Regarding deposition from adverse counsel, Kaplan said the “principle has no bearing” on the individual petitioners who are trying to fend off the threat of criminal prosecution.
“While Donziger appears to have had quite a bit to do with instigating that matter, he does not represent the Republic of Ecuador,” the judge wrote. “Nor are the individual petitioners parties in the Lago Agrio litigation. The rationale underlying the principle that discovery by one litigant from the attorney for the litigant’s adversary is discouraged therefore does not apply to the individual petitioners.”
Kaplan said the adverse counsel argument does not apply to Chevron, either, because “Donziger’s role at least in major respects is that of a political operative, not a lawyer.”
“His principal functions have included lobbying, media and press relations, and politics,” Kaplan wrote. “He has acknowledged in the outtakes that the purported civil litigation in Ecuador ‘is not a legal case. It’s a political battle’ in which ‘[w]e need to get the politics in order in a country that doesn’t favor people from the rainforest.'”
Kaplan said there is little risk of encountering privileged material, because the subpoenas involve Donziger’s interactions with third parties, including the court-appointed expert and Ecuadorian government officials.
Donziger has waived his right to privilege by not filing a log, but Kaplan wrote in a footnote that he may relieve Donziger of the waiver if he files a complete privilege log by Oct. 29.
Kaplan also said he cannot determine whether complying with the subpoena is unduly burdensome, as Donziger has not tried to “quantify the amount of time or effort that would be required.”
“In any case, any burden on Donziger must be counterbalanced against the need for the documents, which is very great indeed,” the judge wrote. “In these circumstances, the court is not prepared to find that any burden would be undue. Nor is the Court satisfied that the subpoenas are overbroad, especially given the highly relevant nature of the material sought.”
Bruce Kaplan with Friedman Kaplan, who represented Donziger at the September hearing, said he could not comment about a matter before the court.
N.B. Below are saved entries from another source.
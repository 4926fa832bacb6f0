-- ===== src/Durable/Reconnect/Reserved.antt =====
-- The share-mode reservation across a reconnect.
use gosamba.Prelude.{
  ℕ, ◌≡◌, ◌≢◌, refl, sym, subst, ◌∙◌, inl, inr, false, ◌==◌, List, Option, none, some, arith,
  Bool-cases,
}
use gosamba.Prelude.Assoc.{get?, delete, get?-put, get?-delete, nat_key}
use gosamba.Locks.Range.{FileKey}
use gosamba.ShareModes.{ShareModeTable, release, release_at, wake_locked, transfer, transfer_at}
use gosamba.ShareModes.Runs.{released_owner}
use gosamba.Durable.{DurableKey, DurableEntry, durable_key}
use gosamba.Durable.Attached.{MayReconnect, reclaim_for_reconnect-hands}
use gosamba.Durable.Reconnect.{
  Open, Server, Surroundings, Reply, object_name_not_found, user_session_deleted, created,
  DurableReconnect, LeaseRequest, release_open_keep_share_mode, release_open, release_all,
  replacement, reopens, publish_reconnect, adopt, answered, handle_durable_reconnect,
  durable_lookup_key,
}

-- The file that a handle has a reservation on.
abbrev pub reserved : ℕ → ShareModeTable → Option FileKey
reserved o t = get? o t.owners

pub release-others :
    (t : ShareModeTable) (o x : ℕ) → o ≢ x → reserved x (release t o) ≡ reserved x t
unfolding release release_at wake_locked
release-others t o x ne = at (reserved o t)
  where
    at : (found : Option FileKey) → reserved x (release_at t o found) ≡ reserved x t
    at none = refl
    at (some key) = ground (arith, get?-delete o x t.owners)

transfer-moves :
    (t : ShareModeTable) (from to : ℕ)
    → from ≢ to
    → reserved to t ≡ none
    → (reserved to (transfer t from to) ≡ reserved from t)
      × (reserved from (transfer t from to) ≡ none)
unfolding transfer transfer_at
transfer-moves t from to ne free =
    let other : (from == to) ≡ false = ground arith in rw other (at (reserved from t) refl)
  where
    at :
        (found : Option FileKey)
        → reserved from t ≡ found
        → (reserved to (transfer_at t from to found) ≡ found)
          × (reserved from (transfer_at t from to found) ≡ none)
    at none e = (free, e)
    at (some key) e = (
      ground (arith, get?-put to to key (delete from t.owners)),
      ground (arith, get?-put to from key (delete from t.owners), get?-delete from from t.owners),
    )

pub keep_share_mode : (o : Open) (s : Server) → (release_open_keep_share_mode o s).shares ≡ s.shares
unfolding release_open_keep_share_mode
keep_share_mode o s = ground arith

pub released-none : (t : ShareModeTable) (o : ℕ) → reserved o (release t o) ≡ none
unfolding release
released-none t o = released_owner t o (reserved o t) refl

-- Who holds the reservation of the saved open after the answer.
abbrev pub HolderAfter : ℕ → ℕ → Option FileKey → Server × Reply → Type 0
HolderAfter saved fresh before (s, created o echo) =
    (reserved saved s.shares ≡ none) × (reserved fresh s.shares ≡ before)
HolderAfter saved fresh before (s, object_name_not_found) =
    (reserved saved s.shares ≡ none) × (reserved fresh s.shares ≡ none)
HolderAfter saved fresh before (s, user_session_deleted) =
    (reserved saved s.shares ≡ none) × (reserved fresh s.shares ≡ none)

refused-HolderAfter :
    (saved fresh : ℕ) (before : Option FileKey) (s : Server)
    → saved ≢ fresh
    → reserved fresh s.shares ≡ none
    → HolderAfter saved fresh before
        (record s { shares = release s.shares saved }, object_name_not_found)
refused-HolderAfter saved fresh before s ne free =
    (released-none s.shares saved, release-others s.shares saved fresh ne ∙ free)

publish_reconnect-HolderAfter :
    (timeout : ℕ) (share user : List ℕ) (rec : DurableReconnect) (lr : Option LeaseRequest)
    (env : Surroundings) (o : Open) (saved : ℕ) (before : Option FileKey) (s : Server)
    → saved ≢ o.identity
    → reserved saved s.shares ≡ none
    → reserved o.identity s.shares ≡ before
    → HolderAfter saved o.identity before (publish_reconnect timeout share user rec lr env o s)
unfolding publish_reconnect release_open
publish_reconnect-HolderAfter timeout share user rec lr env o saved before s ne gone moved =
    elim (Bool-cases env.session_lives) [
      | inl lives ↦ rw lives (gone, moved)
      | inr dead ↦
          let after : Server = record s { shares = release s.shares o.identity } in
          rw (dead, keep_share_mode o after)
            (
              release-others s.shares o.identity saved (λ e. ne (sym e)) ∙ gone,
              released-none s.shares o.identity,
            )
    ]

pub adopt-HolderAfter :
    (timeout : ℕ) (share user : List ℕ) (rec : DurableReconnect) (lr : Option LeaseRequest)
    (env : Surroundings) (k : DurableKey) (saved : Open) (s : Server)
    → saved.identity ≢ env.fresh
    → reserved env.fresh s.shares ≡ none
    → HolderAfter saved.identity env.fresh
        (reserved saved.identity s.shares)
        (adopt timeout share user rec lr env k saved s)
unfolding adopt replacement
adopt-HolderAfter timeout share user rec lr env k saved s ne free =
    let s' = release_open_keep_share_mode saved s in
    let same : s'.shares ≡ s.shares = keep_share_mode saved s in
    elim (Bool-cases (reopens env saved)) [
      | inr no_ ↦ rw no_ (
          refused-HolderAfter saved.identity env.fresh (reserved saved.identity s.shares) s' ne
            (rw same free))
      | inl yes_ ↦
          let (moved, gone) = transfer-moves s.shares saved.identity env.fresh ne free in
          rw (yes_, same)
            (publish_reconnect-HolderAfter timeout share user rec lr env
              (replacement k env.fresh saved) saved.identity (reserved saved.identity s.shares)
              (record s' { shares = transfer s.shares saved.identity env.fresh }) ne gone moved)
    ]

-- A reconnect that may take over the entry of its key leaves the saved open without a reservation,
-- whatever the file system and the session do meanwhile. A fresh open that the client is told of
-- holds what the saved one held, and on every other answer it holds nothing.
pub handle_durable_reconnect-HolderAfter :
    (open_of : ℕ → Open) (client_guid : List ℕ) (timeout : ℕ) (share user : List ℕ)
    (rec : DurableReconnect) (lr : Option LeaseRequest) (env : Surroundings) (s : Server)
    (e : DurableEntry)
    → let k : DurableKey = record {
      client_guid = client_guid;
      create_guid = durable_lookup_key rec;
    } in
      get? k s.table ≡ some e
      → MayReconnect env.now share user e
      → (open_of e.handle).identity ≡ e.handle
      → e.handle ≢ env.fresh
      → reserved env.fresh s.shares ≡ none
      → HolderAfter e.handle env.fresh
          (reserved e.handle s.shares)
          (handle_durable_reconnect open_of client_guid timeout share user rec lr env s)
unfolding handle_durable_reconnect answered release_all
handle_durable_reconnect-HolderAfter open_of client_guid timeout share user rec lr env s e h m i ne
      free =
    let k : DurableKey = record {
      client_guid = client_guid;
      create_guid = durable_lookup_key rec;
    } in
    let after = record s { table = delete k s.table } in
    let done : HolderAfter e.handle env.fresh (reserved e.handle s.shares)
        (adopt timeout share user rec lr env k (open_of e.handle) after) =
      subst
        (λ h.
          HolderAfter h env.fresh (reserved h s.shares)
            (adopt timeout share user rec lr env k (open_of e.handle) after))
        i
        (adopt-HolderAfter timeout share user rec lr env k (open_of e.handle) after (rw i ne)
          free) in
    rw (reclaim_for_reconnect-hands env.now k share user s.table e h m) done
Chevron said it is pleased with order.
“Chevron is confident that the evidence obtained in this process will provide additional proof of the fraud and corruption perpetrated by Mr. Donziger and his associates in the trial against Chevron in Ecuador,” according to a company statement. “The company expects that the court ordered discovery from Mr. Donziger will further expose the pattern of fraud that has been revealed in recent months.”
Karen Hinton, on behalf of the Amazon Defense Fund, disagreed with Kaplan’s decision.
“In truth, Chevron’s allegation of fraud against U.S. counsel is itself a fraud — one of many the company has perpetrated on the courts and the public,” she said. “The oil giant is obviously trying to cover up almost 50 years of misconduct that has devastated indigenous and farmer communities in Ecuador’s Amazon. Chevron now seeks to use its false allegations to pry open all private communications between lawyers and their clients for the entire 17-year duration of this litigation.”
She added that prominent experts have confirmed Chevron’s “devastation of Ecuador’s rain forest” and have estimated that the company “could be liable for $40 billion to $113 billion in damages to the environment and human health.”